Прежде всего опять-таки нужно было собрать деньги для «национальной лиги»; когда зарождалась земельная лига, Парнель поехал собирать деньги в Америку, но теперь времена были слишком бурные, чтоб ирландский лидер мог отлучиться из своей страны. Он ограничился воззванием к американскому народу и к американским ирландцам, и деньги полились оттуда. Агитация ирландской «национальной лиги» длилась всю осень и зиму 1882/83 г. Лорд-наместник (Спенсер) и его помощник (Тревелиян), имея в руках такое страшное орудие, как билль о предупреждении преступлений, употребляли все усилия, чтобы положить конец деятельности лиги [110]
. Но со времени приезда Парнеля атмосфера бодрости и надежды охватывала все шире и шире ирландское общество, и запугать его было трудно. Борьба локализовалась именно так, как хотел Парнель: происходило единоборство только между местной администрацией и фениями, а вся масса ирландского народа, имея право и возможность открыто поддерживать легальных деятелей гомруля и аграрной реформы, делала именно то дело, которое было для новой лиги прямо необходимо.Белый и красный террор усиливались, питая и поддерживая друг друга. Особенную тревогу в правительственных кругах возбуждало новое направление революционной мысли: фении стали чаще и чаще говорить о своем органе, издававшемся в Америке [111]
, что они намерены перенести борьбу в самую Англию. При таких зловещих предзнаменованиях Великобритания встретила 1883 год. В январе, наконец, полиция арестовала одного из лиц, принимавших участие в убийство Борка и Кавендиша. Этот человек, Кери, рассказал, что фении наметили еще ряд жертв, между прочим Форстера, бывшего наместника. Не успела публика прийти в себя от этих откровений, как в Глазго был произведен фениями динамитный взрыв. Сравнительно более мелкие преступления уже не обращали на себя внимания общества. Динамитные взрывы около правительственных мест и покушения на должностных лиц усилили строгости в Англии, но фенианство не сдавалось. В парламенте с самым явным недоброжелательством продолжали относиться к парнелитам, и, как всегда в таких случаях, Парнель чувствовал себя, по-видимому, особенно хорошо и обнаруживал все признаки непоколебимой самоуверенности. 22 февраля (1883 г.) в палате общин обсуждался проект адреса в ответ на тронную речь, открывшую сессию, и Форстер счел этот случай удобным, чтобы изложить свои воззрения на состояние страны, в которой он был когда-то наместником.Никто не может отрицать, что речь его отличалась во многих местах резко запальчивым тоном [112]
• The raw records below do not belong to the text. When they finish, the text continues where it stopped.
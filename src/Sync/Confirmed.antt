-- ===== src/Sync/Confirmed.antt =====
-- A transaction that the default pool built and confirmed itself, and the same transaction found in the
-- contract's events by a pool that synchronises.
use zeropool_relayer.Base.{
  ℕ, ◌+◌, ◌-◌, ◌*◌, ◌/◌, ◌^◌, ◌<◌, ◌≡◌, refl, ap, sym, ◌∙◌, String, Text, codes, All, [], ◌∷◌, ◌++◌,
  starts_with, get_elem?, some, Outcome, ok, arith, >>=-of-ok,
}
use zeropool_relayer.Calldata.{fields, build_normal_tx, transact_pieces}
use zeropool_relayer.Calldata.Pieces.{join}
use zeropool_relayer.Calldata.RoundTrip.{Encodable, ReadsHex}
use zeropool_relayer.Calldata.DefaultRoundTrip.{transact_round_trip}
use zeropool_relayer.Helpers.Hex.{flatten_proof}
use zeropool_relayer.Helpers.TxTypes.{truncate_memo_tx_prefix}
use zeropool_relayer.Numerals.{Numerals}
use zeropool_relayer.Pool.Default.Sending.{on_confirmed}
use zeropool_relayer.Pool.Types.{
  get_tx_proof_field, field_of, nullifier, out_commit, delta, Proof, PoolTx, Delta, ProcessResult,
}
use zeropool_relayer.State.Services.{Storage, RedisSet}
use zeropool_relayer.State.PoolState.{PoolState, update_state}
use zeropool_relayer.Sync.{
  BasePool, Chain, both_states, find_tx, found_tx, add_tx_to_state, save_nullifier, update_states,
}

-- The digits of the selector of transact.
abbrev transact_digits : Text
transact_digits = codes "af989083"

module _ (num : Numerals) (st : Storage) (r : RedisSet) (chain : Chain) (parse_delta : Text → Delta)
    (function_signature : String → Text) (get_tree_proof : Text → Outcome (Proof × ℕ)) where
  -- A transaction of the users whose proof was made for five inputs, of which n, o and d are read, and
  -- what the tree prover gave for it.
  pub record Built (tx : PoolTx) (n o d : Text) (tree : Proof) (root_after : Text) (i : ℕ)
      : Type 0 where
    pub first : Text
    pub last : Text
    pub inputs : tx.proof.inputs ≡ first ∷ n ∷ o ∷ d ∷ last ∷ []
    pub proved : get_tree_proof o ≡ ok (tree, i)
    pub root : get_elem? tree.inputs 1 ≡ some root_after
    pub fits : Encodable num n o (parse_delta d) tx.proof.proof tx.memo
    pub root_fits : num.of_dec root_after < 16 ^ 64
    pub tree_fits : All (λ x. num.of_dec x < 16 ^ 64) (flatten_proof tree.proof)
    pub nullifier_digits : num.to_dec (num.of_dec n) ≡ n
    pub commit_digits : num.to_dec (num.of_dec o) ≡ o
    pub selector : function_signature "transact()" ≡ codes "0xaf989083"

  ok-injective : {p q : ProcessResult} → ok p ≡ ok q → p ≡ q
  ok-injective e = cc

  result_of :
      (tx : PoolTx) (n o d : Text) (tree : Proof) (root_after : Text) (i : ℕ)
      → Built tx n o d tree root_after i
      → build_normal_tx num parse_delta function_signature get_tree_proof tx
        ≡ ok (record {
          calldata =
              codes "0x"
              ++ join (
                  transact_pieces num transact_digits n o
                    (parse_delta d)
                    tx.proof.proof
                    root_after
                    tree.proof
                    tx.tx_type
                    tx.memo
                    tx.deposit_signature);
          func = "transact()";
          nullifier = some n;
          out_commit = o;
          memo = truncate_memo_tx_prefix tx.memo tx.tx_type;
          commit_index = i;
        })
  unfolding build_normal_tx get_tx_proof_field field_of transact_pieces join
  result_of tx n o d tree root_after i b =
      >>=-of-ok (get_tx_proof_field tx.proof nullifier) _ n
        (ap (λ l. field_of l nullifier) b.inputs)
        (>>=-of-ok (get_tx_proof_field tx.proof out_commit) _ o
          (ap (λ l. field_of l out_commit) b.inputs)
          (>>=-of-ok (get_tx_proof_field tx.proof delta) _ d (ap (λ l. field_of l delta) b.inputs)
            (>>=-of-ok (get_tree_proof o) _ (tree, i) b.proved (rw (b.root, b.selector) refl))))

  found_of :
      (tx : PoolTx) (n o d : Text) (tree : Proof) (root_after : Text) (i : ℕ) (message : Text)
      → Built tx n o d tree root_after i
      → ReadsHex num chain.hex_to_number
      → find_tx num chain message (
          codes "0x"
          ++ join (
              transact_pieces num transact_digits n o
                (parse_delta d)
                tx.proof.proof
                root_after
                tree.proof
                tx.tx_type
                tx.memo
                tx.deposit_signature))
        ≡ ok (record {
          out_commit = o;
          memo = truncate_memo_tx_prefix tx.memo tx.tx_type;
          nullifier = some n;
        })
  unfolding find_tx starts_with transact_pieces join fields
  found_of tx n o d tree root_after i message b reads =
      let read =
        transact_round_trip num n o (parse_delta d) tx.proof.proof root_after tree.proof tx.tx_type
          tx.memo tx.deposit_signature transact_digits b.fits b.root_fits b.tree_fits refl
          chain.hex_to_number truncate_memo_tx_prefix reads in
      ap found_tx read ∙ rw (b.nullifier_digits, b.commit_digits) refl

  -- A pool that finds a confirmed transaction in the contract's events comes to the confirmed state of
  -- the pool that built the transaction and confirmed it itself: for a transaction of five proof inputs
  -- whose numbers fit their places and whose nullifier and commitment are in plain decimal digits, with
  -- the calldata that the pool built for it, at the index of the contract after it.
  pub add_tx_to_state-on_confirmed :
      (tx : PoolTx) (c : ℕ) (m o d : Text) (tree : Proof) (root_after : Text) (i : ℕ)
      (p : ProcessResult) (tx_hash message : Text) (block : ℕ) (pool : BasePool st r)
      (other : PoolState st r)
      → Built tx (c ∷ m) o d tree root_after i
      → ReadsHex num chain.hex_to_number
      → build_normal_tx num parse_delta function_signature get_tree_proof tx ≡ ok p
      → chain.get_tx_calldata tx_hash ≡ ok p.calldata
      → (after : BasePool st r) × (add_tx_to_state num st r chain tx_hash
            (i * 128 + 128)
            message
            both_states
            block
            pool
          ≡ ok after)
        × (after.state ≡ (on_confirmed num st r pool.state other p tx_hash).0)
  unfolding add_tx_to_state on_confirmed save_nullifier update_states update_state
  add_tx_to_state-on_confirmed tx c m o d tree root_after i p tx_hash message block pool other b
        reads built answer =
      let e = ok-injective (sym built ∙ result_of tx (c ∷ m) o d tree root_after i b) in
      let found = found_of tx (c ∷ m) o d tree root_after i message b reads in
      let place : (i * 128 + 128 - 128) / 128 ≡ i = omega arith in
      (
        _,
        >>=-of-ok (chain.get_tx_calldata tx_hash) _ _ (answer ∙ ap (λ q. ok q.calldata) e)
            (>>=-of-ok _ _ _ found refl),
        rw (e, place) refl,
      )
; он и оправдывал свою политику, и делал колкие намеки премьеру, лишившему его места, и обвинял гомрулеров в нарушении законов. Конечно, вся инвектива Форстера вращалась вокруг личности Парнеля, оратор иронизировал над разными некоронованными королями, говорил о людях, наталкивающих ирландский народ на безумные выходки, а Парнель только и делал, что издавал в самых щекотливых пунктах речи восклицание: «Слушайте!». Наконец Форстер с документами в руках, держа перед собой номера газеты «Irish world», стал читать оттуда выдержки [113], касавшиеся динамитных покушений и других фактов фенианской деятельности. Выдержки были, действительно, так подобраны, что выходила довольно решительная апология фенианизма. Но «Irish world» был эмигрантский листок, издававшийся в Америке; доказать сочувствие к нему Парнеля являлось затруднительным; поэтому Форстер перешел к другому изданию — «Объединенная Ирландия» [114]. Парнель состоял одним из деятельных руководителей этой газеты. В «Объединенной Ирландии» аграрные преступления назывались обыкновенно «деревенскими случаями» [115], а иногда отчеты о них печатались под общим названием «настроение страны». Мало того, отношение газеты к жертвам преступлений было всегда самое суровое, а к виновникам — самое снисходительное.Форстер прямо обратился к Парнелю с вопросом: «Читали вы эти статьи?» Парнель ответил: «Читал». — «Одобряете вы их?» — «Одобряю». Некоторые члены ирландской партии пробовали прервать этот диалог, но безуспешно. Форстер знал, что ему было нужно. «Я хочу поставить вопрос принципиально. Очень много раз было констатировано, что аграрные преступления следовали за митингами земельной лиги. Что же, почтенный джентльмен будет это отрицать, опровергать? Я снова повторяю, какое обвинение я возвожу против него; вероятно, никогда еще один член парламента не возводил более серьезного обвинения против другого: не то, чтобы сам он, г. Парнель, замышлял и упорно осуществлял насилия и убийства [116]
, но он или склонялся к ним, или же…» Тут Парнель прервал его, крикнув на всю залу: «Это ложь!» Последовал шум; один из парнелитов продолжал кричать: «Это ложь, ложь, ложь!», пока его не вывели вон [117].